HOW TO COMPLETE THIS TASK |
Return all lines in the data where the string "elim" can be found.

[Stored data]
┏━━

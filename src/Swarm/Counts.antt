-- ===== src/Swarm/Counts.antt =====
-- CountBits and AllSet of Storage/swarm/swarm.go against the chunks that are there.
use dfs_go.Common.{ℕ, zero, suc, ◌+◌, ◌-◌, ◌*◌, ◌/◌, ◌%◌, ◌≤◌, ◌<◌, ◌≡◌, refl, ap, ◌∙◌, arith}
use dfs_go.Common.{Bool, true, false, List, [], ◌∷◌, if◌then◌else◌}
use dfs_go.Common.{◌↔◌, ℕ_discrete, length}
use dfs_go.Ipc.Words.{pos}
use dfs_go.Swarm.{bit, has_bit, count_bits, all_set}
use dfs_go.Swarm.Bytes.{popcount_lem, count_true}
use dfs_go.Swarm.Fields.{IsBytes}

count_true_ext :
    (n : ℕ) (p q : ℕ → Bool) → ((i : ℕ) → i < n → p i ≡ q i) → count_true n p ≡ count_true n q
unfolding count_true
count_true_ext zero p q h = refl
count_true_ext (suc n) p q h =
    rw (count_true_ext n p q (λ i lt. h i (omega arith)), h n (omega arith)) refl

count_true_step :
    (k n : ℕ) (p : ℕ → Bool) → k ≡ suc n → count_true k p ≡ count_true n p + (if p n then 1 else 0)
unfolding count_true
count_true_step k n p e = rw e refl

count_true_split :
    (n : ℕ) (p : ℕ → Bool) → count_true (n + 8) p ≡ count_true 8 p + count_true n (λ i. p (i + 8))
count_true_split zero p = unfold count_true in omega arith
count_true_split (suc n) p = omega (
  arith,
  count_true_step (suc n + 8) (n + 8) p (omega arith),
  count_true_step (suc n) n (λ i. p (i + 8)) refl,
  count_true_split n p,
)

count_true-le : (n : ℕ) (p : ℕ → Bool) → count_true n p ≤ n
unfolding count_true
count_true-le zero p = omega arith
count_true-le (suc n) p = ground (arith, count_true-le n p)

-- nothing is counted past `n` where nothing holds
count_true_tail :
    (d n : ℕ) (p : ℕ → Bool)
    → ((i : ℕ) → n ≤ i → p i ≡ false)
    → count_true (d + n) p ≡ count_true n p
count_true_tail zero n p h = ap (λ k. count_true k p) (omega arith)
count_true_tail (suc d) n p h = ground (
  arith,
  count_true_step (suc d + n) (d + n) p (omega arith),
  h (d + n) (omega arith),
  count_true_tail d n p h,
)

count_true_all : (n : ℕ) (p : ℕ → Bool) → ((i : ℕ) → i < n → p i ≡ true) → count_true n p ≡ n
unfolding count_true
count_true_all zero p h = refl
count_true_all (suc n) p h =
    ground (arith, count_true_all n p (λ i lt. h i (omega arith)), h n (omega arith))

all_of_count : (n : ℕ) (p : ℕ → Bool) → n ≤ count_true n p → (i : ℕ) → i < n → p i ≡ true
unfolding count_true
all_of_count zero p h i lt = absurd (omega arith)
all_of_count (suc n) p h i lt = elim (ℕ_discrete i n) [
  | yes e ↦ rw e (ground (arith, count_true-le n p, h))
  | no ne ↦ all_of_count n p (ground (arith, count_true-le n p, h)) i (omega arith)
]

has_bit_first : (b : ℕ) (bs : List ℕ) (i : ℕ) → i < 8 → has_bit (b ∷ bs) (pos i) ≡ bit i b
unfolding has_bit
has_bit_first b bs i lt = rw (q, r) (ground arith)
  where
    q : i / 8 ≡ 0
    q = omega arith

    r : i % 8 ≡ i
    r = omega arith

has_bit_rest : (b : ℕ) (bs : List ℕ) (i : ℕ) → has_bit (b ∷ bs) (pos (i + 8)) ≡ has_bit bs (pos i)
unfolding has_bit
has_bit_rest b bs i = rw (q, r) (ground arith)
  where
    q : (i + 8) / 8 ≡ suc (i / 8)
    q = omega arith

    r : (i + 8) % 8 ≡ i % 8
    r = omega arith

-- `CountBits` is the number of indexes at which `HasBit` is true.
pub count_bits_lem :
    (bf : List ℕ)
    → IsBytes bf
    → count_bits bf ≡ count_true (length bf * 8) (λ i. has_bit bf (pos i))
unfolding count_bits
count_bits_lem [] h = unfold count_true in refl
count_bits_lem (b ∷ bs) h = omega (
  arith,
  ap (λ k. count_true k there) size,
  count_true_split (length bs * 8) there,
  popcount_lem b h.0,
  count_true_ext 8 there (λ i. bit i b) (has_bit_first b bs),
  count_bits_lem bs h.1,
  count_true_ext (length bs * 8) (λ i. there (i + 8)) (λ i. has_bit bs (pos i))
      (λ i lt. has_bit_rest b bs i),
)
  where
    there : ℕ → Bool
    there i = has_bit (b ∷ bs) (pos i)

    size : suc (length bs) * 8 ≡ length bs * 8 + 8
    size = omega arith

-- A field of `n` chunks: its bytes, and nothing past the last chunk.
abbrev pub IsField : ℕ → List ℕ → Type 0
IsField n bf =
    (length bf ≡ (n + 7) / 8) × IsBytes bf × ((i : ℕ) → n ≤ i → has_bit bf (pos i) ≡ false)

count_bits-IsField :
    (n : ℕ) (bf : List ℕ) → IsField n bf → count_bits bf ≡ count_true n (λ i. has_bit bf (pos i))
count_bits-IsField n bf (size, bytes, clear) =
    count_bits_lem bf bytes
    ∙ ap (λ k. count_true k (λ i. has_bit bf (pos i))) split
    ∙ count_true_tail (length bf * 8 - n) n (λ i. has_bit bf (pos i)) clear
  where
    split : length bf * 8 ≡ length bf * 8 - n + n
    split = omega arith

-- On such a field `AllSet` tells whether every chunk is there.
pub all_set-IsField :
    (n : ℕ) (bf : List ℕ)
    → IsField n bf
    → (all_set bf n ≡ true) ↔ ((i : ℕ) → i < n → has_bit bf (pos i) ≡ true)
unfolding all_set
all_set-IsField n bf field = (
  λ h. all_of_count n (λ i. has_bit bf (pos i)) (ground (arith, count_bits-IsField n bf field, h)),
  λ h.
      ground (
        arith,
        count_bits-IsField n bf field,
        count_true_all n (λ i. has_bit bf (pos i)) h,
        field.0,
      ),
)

┗━━
┏━━

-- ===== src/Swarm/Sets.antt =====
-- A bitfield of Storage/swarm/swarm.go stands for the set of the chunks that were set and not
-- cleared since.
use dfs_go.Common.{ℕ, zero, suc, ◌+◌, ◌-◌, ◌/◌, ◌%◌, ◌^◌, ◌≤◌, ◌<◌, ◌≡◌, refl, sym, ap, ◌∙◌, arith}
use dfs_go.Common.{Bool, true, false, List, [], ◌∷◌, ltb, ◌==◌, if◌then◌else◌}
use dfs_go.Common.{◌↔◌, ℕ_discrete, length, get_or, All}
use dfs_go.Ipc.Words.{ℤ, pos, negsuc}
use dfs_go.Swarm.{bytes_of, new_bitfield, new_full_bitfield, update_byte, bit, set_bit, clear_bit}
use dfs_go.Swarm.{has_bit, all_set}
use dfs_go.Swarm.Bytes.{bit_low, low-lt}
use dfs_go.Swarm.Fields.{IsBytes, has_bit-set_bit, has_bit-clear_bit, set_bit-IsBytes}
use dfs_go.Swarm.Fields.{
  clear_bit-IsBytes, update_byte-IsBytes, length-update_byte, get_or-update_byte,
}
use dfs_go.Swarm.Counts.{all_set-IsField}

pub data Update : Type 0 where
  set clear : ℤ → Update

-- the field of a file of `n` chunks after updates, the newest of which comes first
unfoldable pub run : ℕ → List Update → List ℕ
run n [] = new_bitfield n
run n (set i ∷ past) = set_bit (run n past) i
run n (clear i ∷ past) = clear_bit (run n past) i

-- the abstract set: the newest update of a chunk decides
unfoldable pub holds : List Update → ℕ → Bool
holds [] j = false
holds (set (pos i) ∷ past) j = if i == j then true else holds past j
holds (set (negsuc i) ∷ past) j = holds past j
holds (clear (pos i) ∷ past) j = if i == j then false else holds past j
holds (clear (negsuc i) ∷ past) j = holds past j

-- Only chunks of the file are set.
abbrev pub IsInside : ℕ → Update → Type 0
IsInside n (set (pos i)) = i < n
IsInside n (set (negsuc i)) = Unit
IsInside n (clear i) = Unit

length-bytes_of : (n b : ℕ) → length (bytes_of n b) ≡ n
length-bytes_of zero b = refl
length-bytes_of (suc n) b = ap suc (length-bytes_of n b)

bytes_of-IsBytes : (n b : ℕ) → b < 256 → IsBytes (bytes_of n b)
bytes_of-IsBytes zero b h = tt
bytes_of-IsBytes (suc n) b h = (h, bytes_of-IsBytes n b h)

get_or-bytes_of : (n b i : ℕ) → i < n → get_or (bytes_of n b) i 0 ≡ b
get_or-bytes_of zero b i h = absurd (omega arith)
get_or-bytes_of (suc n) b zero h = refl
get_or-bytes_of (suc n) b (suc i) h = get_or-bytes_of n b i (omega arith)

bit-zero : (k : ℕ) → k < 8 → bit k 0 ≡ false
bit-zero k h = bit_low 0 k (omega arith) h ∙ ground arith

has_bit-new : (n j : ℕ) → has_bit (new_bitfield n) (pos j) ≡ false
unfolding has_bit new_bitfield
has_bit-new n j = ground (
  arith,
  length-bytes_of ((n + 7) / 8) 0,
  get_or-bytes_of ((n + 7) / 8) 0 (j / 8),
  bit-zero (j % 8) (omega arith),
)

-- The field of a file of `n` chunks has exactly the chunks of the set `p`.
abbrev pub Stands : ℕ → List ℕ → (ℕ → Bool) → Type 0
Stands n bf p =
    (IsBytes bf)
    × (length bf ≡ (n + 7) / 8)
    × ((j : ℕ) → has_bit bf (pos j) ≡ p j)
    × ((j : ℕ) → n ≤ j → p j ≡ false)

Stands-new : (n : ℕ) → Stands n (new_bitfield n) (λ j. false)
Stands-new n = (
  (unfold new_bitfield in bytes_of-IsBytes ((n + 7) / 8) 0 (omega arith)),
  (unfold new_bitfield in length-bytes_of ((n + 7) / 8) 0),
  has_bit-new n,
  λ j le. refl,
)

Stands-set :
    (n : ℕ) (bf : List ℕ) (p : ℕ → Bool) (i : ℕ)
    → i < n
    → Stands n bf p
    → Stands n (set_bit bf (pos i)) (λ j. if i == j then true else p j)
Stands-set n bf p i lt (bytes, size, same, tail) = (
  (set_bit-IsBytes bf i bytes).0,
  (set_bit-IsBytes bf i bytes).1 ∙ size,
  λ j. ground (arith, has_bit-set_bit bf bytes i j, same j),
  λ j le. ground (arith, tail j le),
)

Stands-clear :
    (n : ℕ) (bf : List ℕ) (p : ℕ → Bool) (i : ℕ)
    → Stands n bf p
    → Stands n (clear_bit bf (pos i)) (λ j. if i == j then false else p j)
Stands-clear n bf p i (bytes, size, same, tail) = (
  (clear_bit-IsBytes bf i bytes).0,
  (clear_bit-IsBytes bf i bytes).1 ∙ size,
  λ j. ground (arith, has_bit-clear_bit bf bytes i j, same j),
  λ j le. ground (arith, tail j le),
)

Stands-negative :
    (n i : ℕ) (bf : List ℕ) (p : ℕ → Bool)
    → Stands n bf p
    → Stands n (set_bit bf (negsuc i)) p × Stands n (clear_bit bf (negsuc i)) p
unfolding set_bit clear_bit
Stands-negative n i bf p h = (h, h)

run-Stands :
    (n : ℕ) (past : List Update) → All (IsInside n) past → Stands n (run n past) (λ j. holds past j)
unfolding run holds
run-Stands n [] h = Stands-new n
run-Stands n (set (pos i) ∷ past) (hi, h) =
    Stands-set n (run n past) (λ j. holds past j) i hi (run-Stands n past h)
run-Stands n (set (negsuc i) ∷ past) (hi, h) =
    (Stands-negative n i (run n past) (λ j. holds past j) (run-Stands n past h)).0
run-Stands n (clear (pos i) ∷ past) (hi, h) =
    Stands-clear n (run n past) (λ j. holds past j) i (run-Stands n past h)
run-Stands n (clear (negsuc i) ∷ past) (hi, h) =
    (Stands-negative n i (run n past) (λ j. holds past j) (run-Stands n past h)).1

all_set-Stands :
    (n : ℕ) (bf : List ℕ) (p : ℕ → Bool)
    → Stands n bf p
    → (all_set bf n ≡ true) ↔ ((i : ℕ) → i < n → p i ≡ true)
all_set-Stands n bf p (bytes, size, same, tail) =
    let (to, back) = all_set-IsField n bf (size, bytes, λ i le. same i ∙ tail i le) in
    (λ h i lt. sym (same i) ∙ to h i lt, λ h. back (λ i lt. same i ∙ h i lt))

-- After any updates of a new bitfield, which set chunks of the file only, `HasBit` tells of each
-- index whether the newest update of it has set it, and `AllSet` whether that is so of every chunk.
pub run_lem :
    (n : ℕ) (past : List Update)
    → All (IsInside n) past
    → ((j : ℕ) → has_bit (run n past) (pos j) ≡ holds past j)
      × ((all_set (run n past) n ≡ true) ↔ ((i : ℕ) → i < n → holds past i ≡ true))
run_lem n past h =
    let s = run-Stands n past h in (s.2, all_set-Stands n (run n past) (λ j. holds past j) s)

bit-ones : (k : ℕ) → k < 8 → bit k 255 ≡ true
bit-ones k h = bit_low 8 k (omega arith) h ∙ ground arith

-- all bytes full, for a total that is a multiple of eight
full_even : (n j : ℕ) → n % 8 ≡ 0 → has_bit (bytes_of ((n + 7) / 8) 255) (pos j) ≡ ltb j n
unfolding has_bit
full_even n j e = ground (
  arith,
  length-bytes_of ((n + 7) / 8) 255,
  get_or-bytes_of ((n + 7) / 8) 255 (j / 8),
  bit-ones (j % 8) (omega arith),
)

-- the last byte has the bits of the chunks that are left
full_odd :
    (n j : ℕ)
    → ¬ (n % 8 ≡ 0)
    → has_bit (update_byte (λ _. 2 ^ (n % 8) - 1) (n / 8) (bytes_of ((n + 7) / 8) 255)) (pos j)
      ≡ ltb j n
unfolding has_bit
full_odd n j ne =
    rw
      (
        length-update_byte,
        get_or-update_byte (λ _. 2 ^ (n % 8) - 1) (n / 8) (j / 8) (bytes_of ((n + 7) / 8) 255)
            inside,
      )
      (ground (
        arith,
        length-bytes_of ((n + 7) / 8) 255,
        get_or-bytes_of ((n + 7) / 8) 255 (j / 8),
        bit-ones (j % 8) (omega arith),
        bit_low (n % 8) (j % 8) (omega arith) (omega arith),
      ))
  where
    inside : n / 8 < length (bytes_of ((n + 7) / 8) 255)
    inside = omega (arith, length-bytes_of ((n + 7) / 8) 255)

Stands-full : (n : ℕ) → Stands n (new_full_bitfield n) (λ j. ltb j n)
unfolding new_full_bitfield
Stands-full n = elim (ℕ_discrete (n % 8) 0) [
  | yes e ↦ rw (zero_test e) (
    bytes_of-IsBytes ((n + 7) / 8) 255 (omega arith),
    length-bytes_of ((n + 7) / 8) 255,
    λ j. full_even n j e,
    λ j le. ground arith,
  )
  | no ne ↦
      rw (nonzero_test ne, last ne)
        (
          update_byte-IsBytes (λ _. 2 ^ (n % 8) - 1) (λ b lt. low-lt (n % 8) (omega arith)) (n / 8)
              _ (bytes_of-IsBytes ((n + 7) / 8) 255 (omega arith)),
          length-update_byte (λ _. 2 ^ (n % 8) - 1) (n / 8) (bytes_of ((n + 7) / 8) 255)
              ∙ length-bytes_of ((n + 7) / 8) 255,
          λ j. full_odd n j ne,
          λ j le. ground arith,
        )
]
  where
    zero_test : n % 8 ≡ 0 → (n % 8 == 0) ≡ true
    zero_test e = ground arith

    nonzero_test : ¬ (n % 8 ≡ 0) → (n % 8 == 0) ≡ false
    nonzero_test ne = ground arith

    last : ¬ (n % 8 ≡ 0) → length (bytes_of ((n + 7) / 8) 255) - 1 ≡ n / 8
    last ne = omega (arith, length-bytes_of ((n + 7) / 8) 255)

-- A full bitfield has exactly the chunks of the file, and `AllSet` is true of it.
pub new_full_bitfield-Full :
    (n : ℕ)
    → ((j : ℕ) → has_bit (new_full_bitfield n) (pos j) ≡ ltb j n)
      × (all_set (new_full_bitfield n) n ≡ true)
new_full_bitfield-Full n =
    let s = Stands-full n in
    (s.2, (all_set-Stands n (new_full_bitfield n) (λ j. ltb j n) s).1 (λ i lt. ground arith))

┗━━

ANSWER BOX |
all_of_count (suc n) p h i lt = elim (ℕ_discrete i n) [
Stands-full n = elim (ℕ_discrete (n % 8) 0) [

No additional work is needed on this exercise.